Es sei zutreffend, dass in einzelnen Regionen derzeit kaum Termine für Erstimpfungen vergeben werden könnten, weil alle verfügbaren Impfstoffdosen für die Zweitimpfungen benötigt würden. Denn das vorgeschriebene Zeitfenster für die beiden Teilimpfungen einzuhalten, sei absolut notwendig, um die Sicherheit und Gültigkeit der Impfung zu gewährleisten. Gassen selbst hatte noch vor einigen Wochen die Aufhebung der Impfpriorisierung gefordert, weil die Überprüfung der Impfberechtigung für die Praxen sehr aufwendig sei.

Einzelne Ärztinnen und Ärzte steigen schon aus

Nun sagte er, die Aufhebung sei im Grunde richtig, durch die geringe Impfstoffmenge entstehe aber viel Druck. Sein Stellvertreter Stephan Hofmeister berichtete, es drohe vereinzelt bereits der Ausstieg von Ärztinnen und Ärzten aus der Impfkampagne. Dies könne dramatische Folgen haben. Dass der Impfstoff von Johnson & Johnson verspätet, nämlich erst am 25. Mai, geliefert werde, verschärfe die Lage. Spätestens Mitte Juni solle sich die Situation aber bessern, dann soll deutlich mehr Impfstoff nach Deutschland geliefert werden.
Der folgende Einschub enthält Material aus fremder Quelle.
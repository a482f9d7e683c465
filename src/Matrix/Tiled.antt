-- ===== src/Matrix/Tiled.antt =====
-- `multiplyMatricesCacheFriendly` and `blockWiseMultiply`: the loops run over square tiles. The two
-- outer loops of `blockWiseMultiply` are parallel in the source, and are taken in program order: tiles
-- that differ in `k0` add to the same cells.
use dsalib.Core.{subst, sym, ℕ, ◌+◌, ◌-◌, ◌<◌, arith, ℤ, length}
use Prim.Native.Nat.{min}
use dsalib.Matrix.{Matrix, Outcome, zeros, loop}
use dsalib.Matrix.Loops.{for}
use dsalib.Matrix.Cells.{HasShape, Acts, loop_by-Acts}
use dsalib.Matrix.Product.{
  ReturnsProduct, ReturnsProduct-of_Acts, add_product, added, add_product-Acts,
}
use dsalib.Matrix.Orders.{tiles-terms-rows-columns, tiles-rows-terms-columns}
use dsalib.Matrix.Direct.{checked, Answers, checked-Answers}

-- The six loops of `multiplyMatricesCacheFriendly` with tiles of side `size`.
unfoldable pub tiled_loops :
    (size : ℕ) → Matrix → Matrix → (rows cols n : ℕ) → Matrix → Outcome Matrix
tiled_loops size a b rows cols n = loop 0 n size (λ k0. loop 0 rows size (λ i0.
    loop 0 cols size (λ j0. loop k0 (min (k0 + size) n) 1 (λ k.
      loop i0 (min (i0 + size) rows) 1
        (λ i. loop j0 (min (j0 + size) cols) 1 (λ j. add_product a b i j k))))))

-- `multiplyMatricesCacheFriendly`, where `BLOCK_SIZE` is 128.
unfoldable pub multiply_matrices_cache_friendly : Matrix → Matrix → Outcome Matrix
multiply_matrices_cache_friendly matrix1 matrix2 =
    checked matrix1 matrix2 (tiled_loops 128 matrix1 matrix2)

-- The six loops of `blockWiseMultiply`.
unfoldable pub block_loops : (size : ℕ) → Matrix → Matrix → (n : ℕ) → Matrix → Outcome Matrix
block_loops size a b n = loop 0 n size (λ k0. loop 0 n size (λ i0. loop 0 n size (λ j0.
    loop i0 (min (i0 + size) n) 1 (λ i.
      loop k0 (min (k0 + size) n) 1
        (λ k. loop j0 (min (j0 + size) n) 1 (λ j. add_product a b i j k))))))

-- `blockWiseMultiply`, where `BLOCK_SIZE` is 64.
unfoldable pub block_wise_multiply : Matrix → Matrix → Outcome Matrix
block_wise_multiply a b = block_loops 64 a b (length a) (zeros (length a) (length a))

-- A loop over the numbers of one tile, which lie in the matrix.
tile-Acts :
    (rows cols from to size : ℕ) (body : ℕ → Matrix → Outcome Matrix) (f : ℕ → ℕ → ℕ → ℤ → ℤ)
    → ((x : ℕ) → x < to → Acts rows cols (body x) (f x))
    → Acts rows cols
        (loop from (min (from + size) to) 1 body)
        (λ i j. for from (min (from + size) to) 1 (λ x. f x i j))
tile-Acts rows cols from to size body f h =
    loop_by-Acts (min (from + size) to - from) from (min (from + size) to) 1 body f (omega arith)
      (omega arith) (λ x _ p. h x (omega arith))

-- A loop over tiles.
tiles-Acts :
    (rows cols to size : ℕ) (body : ℕ → Matrix → Outcome Matrix) (f : ℕ → ℕ → ℕ → ℤ → ℤ)
    → 0 < size
    → ((x : ℕ) → Acts rows cols (body x) (f x))
    → Acts rows cols (loop 0 to size body) (λ i j. for 0 to size (λ x. f x i j))
tiles-Acts rows cols to size body f positive h =
    loop_by-Acts (to - 0) 0 to size body f positive (omega arith) (λ x _ _. h x)

module _ (size rows n cols : ℕ) (a b : Matrix) (s : HasShape rows n a) (t : HasShape n cols b) where
  abbrev row_end : ℕ → ℕ
  row_end i0 = min (i0 + size) rows

  abbrev col_end : ℕ → ℕ
  col_end j0 = min (j0 + size) cols

  abbrev inner_end : ℕ → ℕ
  inner_end k0 = min (k0 + size) n

  tiled_loops-ReturnsProduct :
      0 < size → ReturnsProduct rows n cols a b (tiled_loops size a b rows cols n (zeros rows cols))
  unfolding tiled_loops
  tiled_loops-ReturnsProduct positive =
      ReturnsProduct-of_Acts rows n cols a b (tiled_loops size a b rows cols n)
        (λ i' j'. for 0 n size (λ k0. for 0 rows size (λ i0. for 0 cols size (λ j0.
          for k0 (inner_end k0) 1 (λ k.
            for i0 (row_end i0) 1 (λ i. for j0 (col_end j0) 1 (λ j. added a b i' j' i j k)))))))
        (tiles-Acts rows cols n size _ _ positive (λ k0.
          tiles-Acts rows cols rows size _ _ positive (λ i0.
            tiles-Acts rows cols cols size _ _ positive (λ j0.
              tile-Acts rows cols k0 n size _ _ (λ k r. tile-Acts rows cols i0 rows size _ _ (λ i p.
                tile-Acts rows cols j0 cols size _ _ (λ j q. add_product-Acts s t i j k p q r)))))))
        (λ i' j' p q v. tiles-terms-rows-columns a b i' j' rows cols n size v positive p q)

block_loops-ReturnsProduct :
    (size n : ℕ) (a b : Matrix)
    → HasShape n n a
    → HasShape n n b
    → 0 < size
    → ReturnsProduct n n n a b (block_loops size a b n (zeros n n))
unfolding block_loops
block_loops-ReturnsProduct size n a b s t positive =
    ReturnsProduct-of_Acts n n n a b (block_loops size a b n)
      (λ i' j'. for 0 n size (λ k0. for 0 n size (λ i0. for 0 n size (λ j0.
        for i0 (min (i0 + size) n) 1 (λ i.
          for k0 (min (k0 + size) n) 1
            (λ k. for j0 (min (j0 + size) n) 1 (λ j. added a b i' j' i j k)))))))
      (tiles-Acts n n n size _ _ positive (λ k0. tiles-Acts n n n size _ _ positive (λ i0.
        tiles-Acts n n n size _ _ positive (λ j0. tile-Acts n n i0 n size _ _ (λ i p.
          tile-Acts n n k0 n size _ _
            (λ k r. tile-Acts n n j0 n size _ _ (λ j q. add_product-Acts s t i j k p q r)))))))
      (λ i' j' p q v. tiles-rows-terms-columns a b i' j' n n n size v positive p q)

-- The loops over tiles of `multiplyMatricesCacheFriendly` give what `multiplyMatrices` does on any two
-- matrices of regular shape, the exception included, and access no cell that is not there.
pub multiply_matrices_cache_friendly-Answers :
    (rows1 cols1 rows2 cols2 : ℕ) (a b : Matrix)
    → HasShape rows1 cols1 a
    → HasShape rows2 cols2 b
    → Answers rows1 cols1 rows2 cols2 a b (multiply_matrices_cache_friendly a b)
unfolding multiply_matrices_cache_friendly
multiply_matrices_cache_friendly-Answers rows1 cols1 rows2 cols2 a b s t =
    checked-Answers rows1 cols1 rows2 cols2 a b (tiled_loops 128 a b) s t (λ e.
      tiled_loops-ReturnsProduct 128 rows1 cols1 cols2 a b s
        (subst (λ (n : ℕ). HasShape n cols2 b) (sym e) t) (omega arith))

-- `blockWiseMultiply`, taken in program order, returns the product of two square matrices of any size,
-- and accesses no cell that is not there.
pub block_wise_multiply-ReturnsProduct :
    (n : ℕ) (a b : Matrix)
    → HasShape n n a
    → HasShape n n b
    → ReturnsProduct n n n a b (block_wise_multiply a b)
unfolding block_wise_multiply
block_wise_multiply-ReturnsProduct n a b s t =
    rw s.row_count (block_loops-ReturnsProduct 64 n a b s t (omega arith))
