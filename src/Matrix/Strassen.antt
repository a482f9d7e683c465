-- ===== src/Matrix/Strassen.antt =====
-- `strassenMultiply`, with `add` and `subtract`. `int n = A.size()` is a power of two where the algorithm
-- works: the halves of an odd size leave a row and a column out, and size 0 never reaches the base.
pub mod Sums
pub mod Identities
pub mod Products
pub mod Results
pub mod Parts
pub mod Correct
use dsalib.Core.{
  ◌*ℤ◌, cons_parts, ℕ, zero, suc, ◌+◌, ◌-◌, ◌*◌, ◌/◌, ◌%◌, ◌^◌, ◌≤◌, ◌<◌, ◌≡◌, refl, sym, ap, ◌∙◌,
  subst, ◌≢◌, ◌⊎◌, inl, inr, Bool, true, false, not, ◌&&◌, ◌||◌, Option, none, some, List, [], ◌∷◌,
  ◌++◌, arith, ltb, leb, ◌==◌, if◌then◌else◌, Bool-cases, Option-cases, length, get_elem?, set,
  get_or, length-append, length-set, get_or-set_self, get_or-set_ne, get_elem?-get_or, ℤ, pos,
  negsuc, pos_part, neg_part, lt_ℤ, le_ℤ, ◌==ℤ◌, ◌+ℤ◌, ◌-ℤ◌, ==ℤ_iff, eq_of_parts, replicate,
}
use dsalib.Matrix.{Matrix, Outcome, value, out_of_fuel, read, write, zeros, ◌>>=◌}
use dsalib.Matrix.Assign.{assign_all, quarter, combine}

unfoldable pub add : Matrix → Matrix → Outcome Matrix
add a b =
    assign_all (length a) (length a) (λ i j. read a i j >>= λ x. read b i j >>= λ y. value (x +ℤ y))
      (zeros (length a) (length a))

unfoldable pub subtract : Matrix → Matrix → Outcome Matrix
subtract a b =
    assign_all (length a) (length a) (λ i j. read a i j >>= λ x. read b i j >>= λ y. value (x -ℤ y))
      (zeros (length a) (length a))

-- `strassenMultiply` above the base case, with quarters of side `k`; `multiply` is the recursive call,
-- and `c` the matrix that the result is written to.
unfoldable pub strassen_parts :
    (Matrix → Matrix → Outcome Matrix) → ℕ → Matrix → Matrix → Matrix → Outcome Matrix
strassen_parts multiply k a b c = do
  a11 ← quarter a 0 0 k
  a12 ← quarter a 0 k k
  a21 ← quarter a k 0 k
  a22 ← quarter a k k k
  b11 ← quarter b 0 0 k
  b12 ← quarter b 0 k k
  b21 ← quarter b k 0 k
  b22 ← quarter b k k k
  d1 ← subtract b12 b22
  p1 ← multiply a11 d1
  s2 ← add a11 a12
  p2 ← multiply s2 b22
  s3 ← add a21 a22
  p3 ← multiply s3 b11
  d4 ← subtract b21 b11
  p4 ← multiply a22 d4
  s5 ← add a11 a22
  t5 ← add b11 b22
  p5 ← multiply s5 t5
  d6 ← subtract a12 a22
  t6 ← add b21 b22
  p6 ← multiply d6 t6
  d7 ← subtract a11 a21
  t7 ← add b11 b12
  p7 ← multiply d7 t7
  u ← add p5 p4
  v ← subtract u p2
  c11 ← add v p6
  c12 ← add p1 p2
  c21 ← add p3 p4
  x ← add p1 p5
  y ← subtract x p3
  c22 ← subtract y p7
  combine k c11 c12 c21 c22 c

-- The body of `strassenMultiply` for `int n = A.size()`.
unfoldable pub strassen_body :
    (Matrix → Matrix → Outcome Matrix) → ℕ → Matrix → Matrix → Outcome Matrix
strassen_body multiply n a b = elim (n == 1) [
  | true ↦ read a 0 0 >>= λ x. read b 0 0 >>= λ y. write (zeros n n) 0 0 (x *ℤ y)
  | false ↦ strassen_parts multiply (n / 2) a b (zeros n n)
]

-- `strassenMultiply`, to a depth of recursion.
unfoldable pub strassen_multiply : ℕ → Matrix → Matrix → Outcome Matrix
strassen_multiply zero a b = out_of_fuel
strassen_multiply (suc fuel) a b = strassen_body (strassen_multiply fuel) (length a) a b
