-- ===== src/Matrix/Tabulate.antt =====
-- The matrix with given numbers in its cells, and what the loops that fill a matrix return.
use dsalib.Core.{
  ℕ, zero, suc, ◌+◌, ◌≤◌, ◌<◌, ◌≡◌, refl, sym, ap, ◌∙◌, List, [], ◌∷◌, arith, length, get_or, ℤ,
  pos,
}
use mathlib.Core.Path.{ap₂}
use dsalib.Matrix.{Matrix, Outcome, value, entry, read, zeros}
use dsalib.Matrix.Cells.{HasShape, zeros-HasShape, read-value}
use dsalib.Matrix.Assign.{assign_all, assign_all-Acts, quarter}

listed {ℓ} : {A : Type ℓ} → ℕ → (ℕ → A) → List A
listed zero f = []
listed (suc n) f = f 0 ∷ listed n (λ i. f (suc i))

length-listed {ℓ} : {A : Type ℓ} (n : ℕ) (f : ℕ → A) → length (listed n f) ≡ n
unfolding listed
length-listed zero f = refl
length-listed (suc n) f = ap suc (length-listed n (λ i. f (suc i)))

get_or-listed {ℓ} :
    {A : Type ℓ} (n : ℕ) (f : ℕ → A) (i : ℕ) (d : A) → i < n → get_or (listed n f) i d ≡ f i
unfolding listed
get_or-listed zero f i d h = absurd (omega arith)
get_or-listed (suc n) f zero d h = refl
get_or-listed (suc n) f (suc i) d h = get_or-listed n (λ i. f (suc i)) i d (omega arith)

-- Lists with the same elements.
list_ext {ℓ} :
    {A : Type ℓ} (d : A) (xs ys : List A)
    → length xs ≡ length ys
    → ((i : ℕ) → i < length xs → get_or xs i d ≡ get_or ys i d)
    → xs ≡ ys
list_ext d [] [] e h = refl
list_ext d [] (y ∷ ys) e h = absurd (omega arith)
list_ext d (x ∷ xs) [] e h = absurd (omega arith)
list_ext d (x ∷ xs) (y ∷ ys) e h =
    ap₂ (λ z zs. z ∷ zs) (h 0 (omega arith))
      (list_ext d xs ys (omega arith) (λ i p. h (suc i) (omega arith)))

matrix_ext :
    {rows cols : ℕ} {a b : Matrix}
    → HasShape rows cols a
    → HasShape rows cols b
    → ((i j : ℕ) → i < rows → j < cols → entry a i j ≡ entry b i j)
    → a ≡ b
unfolding entry
matrix_ext {rows} {cols} {a} {b} s t h = list_ext [] a b (s.row_count ∙ sym t.row_count) (λ i p.
    let inside : i < rows = omega (arith, s.row_count) in
    let same_columns = s.col_count i inside in
    list_ext (pos 0) (get_or a i []) (get_or b i []) (same_columns ∙ sym (t.col_count i inside))
      (λ j q. h i j inside (omega (arith, same_columns))))

pub tabulate : (rows cols : ℕ) → (ℕ → ℕ → ℤ) → Matrix
tabulate rows cols g = listed rows (λ i. listed cols (g i))

pub tabulate-HasShape : (rows cols : ℕ) (g : ℕ → ℕ → ℤ) → HasShape rows cols (tabulate rows cols g)
unfolding tabulate
tabulate-HasShape rows cols g = record {
  row_count = length-listed rows (λ i. listed cols (g i));
  col_count = λ i h.
      ap length (get_or-listed rows (λ i. listed cols (g i)) i [] h) ∙ length-listed cols (g i);
}

pub entry-tabulate :
    (rows cols : ℕ) (g : ℕ → ℕ → ℤ) (i j : ℕ)
    → i < rows
    → j < cols
    → entry (tabulate rows cols g) i j ≡ g i j
unfolding entry tabulate
entry-tabulate rows cols g i j p q =
    ap (λ (row : List ℤ). get_or row j (pos 0)) (get_or-listed rows (λ i. listed cols (g i)) i [] p)
    ∙ get_or-listed cols (g i) j (pos 0) q

-- Loops that assign to every cell of a new matrix.
pub assign_all-tabulate :
    (rows cols : ℕ) (g : ℕ → ℕ → Outcome ℤ) (h : ℕ → ℕ → ℤ)
    → ((i j : ℕ) → i < rows → j < cols → g i j ≡ value (h i j))
    → assign_all rows cols g (zeros rows cols) ≡ value (tabulate rows cols h)
assign_all-tabulate rows cols g h e =
    let act = assign_all-Acts rows cols g h e in
    let z = zeros-HasShape rows cols in
    act.returns (zeros rows cols) z
    ∙ ap value (
        matrix_ext (act.keeps (zeros rows cols) z) (tabulate-HasShape rows cols h) (λ i j p q.
          act.acts (zeros rows cols) z i j p q ∙ sym (entry-tabulate rows cols h i j p q)))

-- The square of side `k` of `a` whose first cell is in row `r0` and column `c0`.
abbrev pub block : Matrix → (r0 c0 k : ℕ) → Matrix
block a r0 c0 k = tabulate k k (λ i j. entry a (i + r0) (j + c0))

pub block-HasShape : (a : Matrix) (r0 c0 k : ℕ) → HasShape k k (block a r0 c0 k)
block-HasShape a r0 c0 k = tabulate-HasShape k k (λ i j. entry a (i + r0) (j + c0))

pub entry-block :
    (a : Matrix) (r0 c0 k i j : ℕ)
    → i < k
    → j < k
    → entry (block a r0 c0 k) i j ≡ entry a (i + r0) (j + c0)
entry-block a r0 c0 k i j p q = entry-tabulate k k (λ i j. entry a (i + r0) (j + c0)) i j p q

pub quarter-block :
    {n : ℕ} {a : Matrix}
    → HasShape n n a
    → (r0 c0 k : ℕ) → r0 + k ≤ n
    → c0 + k ≤ n
    → quarter a r0 c0 k ≡ value (block a r0 c0 k)
unfolding quarter
quarter-block {n} {a} s r0 c0 k p q =
    assign_all-tabulate k k (λ i j. read a (i + r0) (j + c0)) (λ i j. entry a (i + r0) (j + c0))
      (λ i j b d. read-value s (i + r0) (j + c0) (omega arith) (omega arith))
Scharfe Kritik äußerten die Ärztevertreter an den Plänen von Bundesgesundheitsminister Jens Spahn bezüglich des digitalen Impfnachweises. Dieser soll Ende Juni zur Verfügung stehen - viele Millionen Patienten werden dann aber bereits vollständig geimpft sein, ohne einen digitalen Nachweis bekommen zu haben. Er muss also nachträglich ausgestellt werden.

Im Bundesgesundheitsministerium wollte man das von den niedergelassenen Ärzten erledigen lassen - eine Idee, mit der man sich bei der KBV überhaupt nicht anfreunden kann. Der bürokratische Aufwand sei enorm, hieß es. Die nachträgliche Impfbescheinigung sei zudem eher eine bürokratische, "keine ärztliche Aufgabe". Um die entsprechenden Formulare zu kontrollieren, brauche es kein medizinisches Fachwissen, die Aufgabe könne also auch von anderen Stellen erledigt werden, "von den Meldebehörden zum Beispiel".